Exactly as they stand, set down the following records once more.
Material for this task Start Marker
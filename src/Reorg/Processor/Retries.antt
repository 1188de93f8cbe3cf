-- ===== src/Reorg/Processor/Retries.antt =====
-- The retries of internal/reorg/processor.go.
use smart_scanner.Common.{
  ℕ, zero, suc, ◌+◌, ◌-◌, ◌≤◌, ◌≡◌, inl, inr, refl, ap, ◌∙◌, Bool, false, Option, none, some, arith,
  Outcome, ok, err, ltb, Bool-cases,
}
use smart_scanner.Common.Actions.{Action}
use smart_scanner.Types.{ReorgEvent}
use smart_scanner.Storage.{Storage}
use smart_scanner.Reorg.Processor.Run.{
  Processing, ProcessorConfig, EventError, RetryError, attempts_failed, process_event, retry,
  process_event_with_retry,
}

module _ (st : Storage) (config : ProcessorConfig) (locked : Bool) (clock : ℕ → ℕ × ℕ)
    (cancelled : ℕ → Bool) (event : ReorgEvent) where
  abbrev pub attempt : ℕ → Action (Processing st) EventError (Unit {0})
  attempt i = process_event st config locked (clock i).0 (clock i).1 event

  -- `n` attempts from the number `i` on fail, and lead from one state to the other; the last error
  -- is kept.
  pub data Fails
      : (i n : ℕ)
        → Option EventError
        → Processing st
        → Option EventError
        → Processing st
        → Type 0 where
    none_yet : (i : ℕ) (last : Option EventError) (p : Processing st) → Fails i 0 last p last p
    one_more :
        (i n : ℕ) (last : Option EventError) (p q r : Processing st) (e : EventError)
        (after : Option EventError)
        → attempt i p ≡ (err e, q)
        → Fails (i + 1) n (some e) q after r
        → Fails i (suc n) last p after r

  module _ (running : (i : ℕ) → cancelled i ≡ false) where
    retry-next :
        (left i : ℕ) (last : Option EventError) (p q : Processing st) (e : EventError)
        → attempt i p ≡ (err e, q)
        → retry st config locked clock cancelled (suc left) i last event p
          ≡ retry st config locked clock cancelled left (i + 1) (some e) event q
    unfolding retry
    retry-next left i last p q e failed =
        let after =
          ap (λ r. retry st config locked clock cancelled left (i + 1) (some e) event r.1) failed in
        elim (Bool-cases (ltb 0 i)) [
          | inl b ↦ rw (failed, running i, b, retry) after
          | inr b ↦ rw (failed, running i, b, retry) after
        ]

    retry-done :
        (left i : ℕ) (last : Option EventError) (p q : Processing st)
        → attempt i p ≡ (ok tt, q)
        → retry st config locked clock cancelled (suc left) i last event p ≡ (ok tt, q)
    unfolding retry
    retry-done left i last p q done =
        let after : ◌≡◌ {A = Outcome RetryError (Unit {0}) × Processing st} (ok tt, (attempt i p).1)
            (ok tt, q) =
          ap (λ r. (ok tt, r.1)) done in
        elim (Bool-cases (ltb 0 i)) [
          | inl b ↦ rw (done, running i, b, retry) after
          | inr b ↦ rw (done, running i, b, retry) after
        ]

    retry-Fails :
        (i n left : ℕ) (last after : Option EventError) (p r : Processing st) (total j : ℕ)
        → Fails i n last p after r
        → total ≡ n + left
        → j ≡ i + n
        → retry st config locked clock cancelled total i last event p
          ≡ retry st config locked clock cancelled left j after event r
    retry-Fails i zero left last after p r total j (none_yet _ _ _) e f =
        ap (λ t. retry st config locked clock cancelled t i last event p) (omega (arith, e))
        ∙ ap (λ k. retry st config locked clock cancelled left k last event p) (omega (arith, f))
    retry-Fails i (suc n) left last after p r total j (one_more _ _ _ _ q _ x _ failed rest) e f =
        let same : total ≡ suc (n + left) = omega (arith, e) in
        ap (λ t. retry st config locked clock cancelled t i last event p) same
        ∙ retry-next (n + left) i last p q x failed
        ∙ retry-Fails (i + 1) n left (some x) after q r (n + left) j rest refl (omega (arith, f))

    -- Where the context is not cancelled, a first success among the first `MaxRetries + 1` attempts
    -- is the result, and no attempt is made after it.
    pub process_event_with_retry-first :
        (n : ℕ) (after : Option EventError) (p q r : Processing st)
        → Fails 0 n none p after q
        → n ≤ config.max_retries
        → attempt n q ≡ (ok tt, r)
        → process_event_with_retry st config locked clock cancelled event p ≡ (ok tt, r)
    unfolding process_event_with_retry
    process_event_with_retry-first n after p q r fails few done =
        retry-Fails 0 n (suc (config.max_retries - n)) none after p q (config.max_retries + 1) n
          fails (omega arith) (omega arith)
        ∙ retry-done (config.max_retries - n) n after q r done

    -- Where the context is not cancelled and `MaxRetries + 1` attempts fail, the result is an error
    -- with this number and the last attempt's error, and the state is the one that attempt left.
    pub process_event_with_retry-exhausted :
        (after : Option EventError) (p q : Processing st)
        → Fails 0 (config.max_retries + 1) none p after q
        → process_event_with_retry st config locked clock cancelled event p
          ≡ (err (attempts_failed (config.max_retries + 1) after), q)
    unfolding process_event_with_retry retry
    process_event_with_retry-exhausted after p q fails =
        retry-Fails 0 (config.max_retries + 1) 0 none after p q (config.max_retries + 1)
          (config.max_retries + 1) fails (omega arith) (omega arith)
Material for this task End Marker
= Task solution =
filename src/Reorg/Processor/Retries.antt
repository 1188de93f8cbe3cf
-- ===== src/Reorg/Processor/Retries.antt =====
-- The retries of internal/reorg/processor.go.
use smart_scanner.Common.{
  ℕ, zero, suc, ◌+◌, ◌-◌, ◌≤◌, ◌≡◌, inl, inr, refl, ap, ◌∙◌, Bool, false, Option, none, some, arith,
  Outcome, ok, err, ltb, Bool-cases,
}
use smart_scanner.Common.Actions.{Action}
use smart_scanner.Types.{ReorgEvent}
use smart_scanner.Storage.{Storage}
use smart_scanner.Reorg.Processor.Run.{
  Processing, ProcessorConfig, EventError, RetryError, attempts_failed, process_event, retry,
  process_event_with_retry,
}

module _ (st : Storage) (config : ProcessorConfig) (locked : Bool) (clock : ℕ → ℕ × ℕ)
    (cancelled : ℕ → Bool) (event : ReorgEvent) where
  abbrev pub attempt : ℕ → Action (Processing st) EventError (Unit {0})
  attempt i = process_event st config locked (clock i).0 (clock i).1 event

  -- `n` attempts from the number `i` on fail, and lead from one state to the other; the last error
  -- is kept.
  pub data Fails
      : (i n : ℕ)
        → Option EventError
        → Processing st
        → Option EventError
        → Processing st
        → Type 0 where
    none_yet : (i : ℕ) (last : Option EventError) (p : Processing st) → Fails i 0 last p last p
    one_more :
        (i n : ℕ) (last : Option EventError) (p q r : Processing st) (e : EventError)
        (after : Option EventError)
        → attempt i p ≡ (err e, q)
        → Fails (i + 1) n (some e) q after r
        → Fails i (suc n) last p after r

  module _ (running : (i : ℕ) → cancelled i ≡ false) where
    retry-next :
        (left i : ℕ) (last : Option EventError) (p q : Processing st) (e : EventError)
        → attempt i p ≡ (err e, q)
        → retry st config locked clock cancelled (suc left) i last event p
          ≡ retry st config locked clock cancelled left (i + 1) (some e) event q
    unfolding retry
    retry-next left i last p q e failed =
        let after =
          ap (λ r. retry st config locked clock cancelled left (i + 1) (some e) event r.1) failed in
        elim (Bool-cases (ltb 0 i)) [
          | inl b ↦ rw (failed, running i, b, retry) after
          | inr b ↦ rw (failed, running i, b, retry) after
        ]

    retry-done :
        (left i : ℕ) (last : Option EventError) (p q : Processing st)
        → attempt i p ≡ (ok tt, q)
        → retry st config locked clock cancelled (suc left) i last event p ≡ (ok tt, q)
    unfolding retry
    retry-done left i last p q done =
        let after : ◌≡◌ {A = Outcome RetryError (Unit {0}) × Processing st} (ok tt, (attempt i p).1)
            (ok tt, q) =
          ap (λ r. (ok tt, r.1)) done in
        elim (Bool-cases (ltb 0 i)) [
          | inl b ↦ rw (done, running i, b, retry) after
          | inr b ↦ rw (done, running i, b, retry) after
        ]

    retry-Fails :
        (i n left : ℕ) (last after : Option EventError) (p r : Processing st) (total j : ℕ)
        → Fails i n last p after r
        → total ≡ n + left
        → j ≡ i + n
        → retry st config locked clock cancelled total i last event p
          ≡ retry st config locked clock cancelled left j after event r
    retry-Fails i zero left last after p r total j (none_yet _ _ _) e f =
        ap (λ t. retry st config locked clock cancelled t i last event p) (omega (arith, e))
        ∙ ap (λ k. retry st config locked clock cancelled left k last event p) (omega (arith, f))
    retry-Fails i (suc n) left last after p r total j (one_more _ _ _ _ q _ x _ failed rest) e f =
        let same : total ≡ suc (n + left) = omega (arith, e) in
        ap (λ t. retry st config locked clock cancelled t i last event p) same
        ∙ retry-next (n + left) i last p q x failed
        ∙ retry-Fails (i + 1) n left (some x) after q r (n + left) j rest refl (omega (arith, f))

    -- Where the context is not cancelled, a first success among the first `MaxRetries + 1` attempts
    -- is the result, and no attempt is made after it.
    pub process_event_with_retry-first :
        (n : ℕ) (after : Option EventError) (p q r : Processing st)
        → Fails 0 n none p after q
        → n ≤ config.max_retries
        → attempt n q ≡ (ok tt, r)
        → process_event_with_retry st config locked clock cancelled event p ≡ (ok tt, r)
    unfolding process_event_with_retry
    process_event_with_retry-first n after p q r fails few done =
        retry-Fails 0 n (suc (config.max_retries - n)) none after p q (config.max_retries + 1) n
          fails (omega arith) (omega arith)
        ∙ retry-done (config.max_retries - n) n after q r done

    -- Where the context is not cancelled and `MaxRetries + 1` attempts fail, the result is an error
    -- with this number and the last attempt's error, and the state is the one that attempt left.
    pub process_event_with_retry-exhausted :
        (after : Option EventError) (p q : Processing st)
        → Fails 0 (config.max_retries + 1) none p after q
        → process_event_with_retry st config locked clock cancelled event p
          ≡ (err (attempts_failed (config.max_retries + 1) after), q)
    unfolding process_event_with_retry retry
    process_event_with_retry-exhausted after p q fails =
        retry-Fails 0 (config.max_retries + 1) 0 none after p q (config.max_retries + 1)
          (config.max_retries + 1) fails (omega arith) (omega arith)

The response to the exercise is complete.